Find the string "fresh" in the entries and copy each line that has it.

Exercise inputs below:

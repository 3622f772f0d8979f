-- ===== src/Job/Samples.antt =====
-- core/bin/job: units and jobs to run the definitions on.
use sysmaster.Base.{
  ℕ, true, false, ◌≡◌, refl, none, some, [], ◌∷◌, HashMap, get, IsUnique, ◌==◌, nat_eq,
  if◌then◌else◌, arith, subst, insert, remove, string_eq,
}
use sysmaster.Unit.State.{unit_active}
use sysmaster.Job.Kind.{
  JobKind, start, stop, restart, kind_eq, JobAttr, JobStage, init, wait, running, job_is_basic_op,
}
use sysmaster.Job.Rentry.{
  JobRe, key_eq, suspends_get, suspends_insert, trigger_insert, suspends_remove,
}
use sysmaster.Job.Entry.{
  Units, Job, new_job, job_rkind_new, action_ok, triggered, wait_job, run_job, job_trigger_unit,
  call_unit,
}
use sysmaster.Job.Lifecycle.{JobReach, fresh, step, waits, runs}
use sysmaster.Job.Heap.{Heap}
use sysmaster.Job.Junit.{JobUnit}
use sysmaster.Job.Junit.Kept.{IsFiled, IsKept}
use sysmaster.Job.Junit.Merge.{IsOffered, AreOffered, HasRunning}

-- A unit that is active and does what it is asked.
abbrev pub willing : Units
willing = record {
  active_state = λ u. unit_active;
  get_perpetual = λ u. false;
  can_start = λ u. true;
  can_stop = λ u. true;
  can_reload = λ u. true;
  start_unit = λ u. action_ok;
  stop_unit = λ u f. action_ok;
  reload_unit = λ u. action_ok;
}

abbrev pub plain : JobAttr
plain = record { ignore_order = false; irreversible = false; force = false; no_relevancy = false }

abbrev pub job_of : ℕ → JobKind → JobStage → Job
job_of id kind stage = record {
  id = id;
  unit = "a";
  kind = kind;
  attr = plain;
  run_kind = kind;
  stage = stage;
}

-- A restart before its run, and at its first half.
abbrev pub restart_job : JobStage → Job
restart_job stage = record {
  id = 1;
  unit = "a";
  kind = restart;
  attr = plain;
  run_kind = stop;
  stage = stage;
}

abbrev pub empty_re : JobRe
empty_re = record { trigger = []; suspends = [] }

abbrev pub waiting_re : JobRe
waiting_re = record {
  trigger = [];
  suspends = (record { unit_id = "a"; kind = restart }, plain) ∷ [];
}

abbrev pub running_re : JobRe
running_re = record { trigger = ("a", record { kind = restart; attr = plain }) ∷ []; suspends = [] }

pub waiting_reached : JobReach (restart_job wait) waiting_re
unfolding new_job job_rkind_new suspends_get wait_job suspends_insert get insert job_is_basic_op
waiting_reached = step (fresh 1 "a" restart empty_re refl) (waits refl)

pub running_reached : JobReach (restart_job running) running_re
unfolding run_job job_trigger_unit call_unit suspends_remove trigger_insert insert remove
    job_is_basic_op
running_reached = step waiting_reached (runs willing triggered refl)

-- A restart runs at the unit, a stop waits, a start is on its way.
abbrev pub busy_heap : Heap
busy_heap = record {
  job = λ r.
      if r == 1
      then restart_job running
      else if r == 2
      then job_of 2 stop wait
      else job_of 3 start init;
  rentry = running_re;
}

abbrev pub busy_unit : JobUnit
busy_unit = record {
  unit = "a";
  suspends = (stop, 2) ∷ [];
  trigger = some 1;
  order = false;
  sq = [];
  interrupt = false;
  retrigger = false;
  dirty = true;
  pause = false;
  ready = false;
  up_ready = false;
}

-- The unit of a transaction, with a start.
abbrev pub offered_unit : JobUnit
offered_unit = record busy_unit { suspends = (start, 3) ∷ []; trigger = none }

one_entry :
    (m : HashMap JobKind ℕ) (j k : JobKind) (v w : ℕ)
    → m ≡ (j, v) ∷ []
    → get m k ≡ some w
    → (j ≡ k) × (v ≡ w)
unfolding get
one_entry m j k v w same e = ground (arith, kind_eq.beq_iff j k)

abbrev OneOf : (JobKind → ℕ → Type 0) → JobKind → ℕ → Type 0
OneOf P j v = (k : JobKind) (w : ℕ) → get ((j, v) ∷ []) k ≡ some w → P k w

one_all : (P : JobKind → ℕ → Type 0) (j : JobKind) (v : ℕ) → P j v → OneOf P j v
one_all P j v p k w e =
    let (a, b) = one_entry ((j, v) ∷ []) j k v w refl e in subst (λ x. P x w) a (subst (P j) b p)

pub busy-IsKept : IsKept busy_unit busy_heap
unfolding get job_is_basic_op
busy-IsKept = record {
  unique = (refl, tt);
  filed = one_all (IsFiled busy_heap) stop 2 (record { kind = refl; waits = refl; basic = refl });
}

pub busy-HasRunning : HasRunning busy_unit busy_heap
busy-HasRunning t e = subst (λ r. (busy_heap.job r).stage ≡ running) (some_inj e) refl
  where
    some_inj : {t : ℕ} → some 1 ≡ some t → 1 ≡ t
    some_inj e = cc

pub offered-AreOffered : AreOffered busy_heap offered_unit.suspends
unfolding job_is_basic_op
offered-AreOffered =
    one_all (IsOffered busy_heap) start 3 (record { kind = refl; fresh = refl; basic = refl })

pub offered-IsUnique : IsUnique offered_unit.suspends
unfolding get
offered-IsUnique = (refl, tt)

pub busy-IsUnique : IsUnique busy_unit.suspends
unfolding get
busy-IsUnique = (refl, tt)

End of Exercise inputs.

### Problem solution
use sysmaster.Job.Lifecycle.{JobReach, fresh, step, waits, runs}
waiting_reached = step (fresh 1 "a" restart empty_re refl) (waits refl)
    one_all (IsOffered busy_heap) start 3 (record { kind = refl; fresh = refl; basic = refl })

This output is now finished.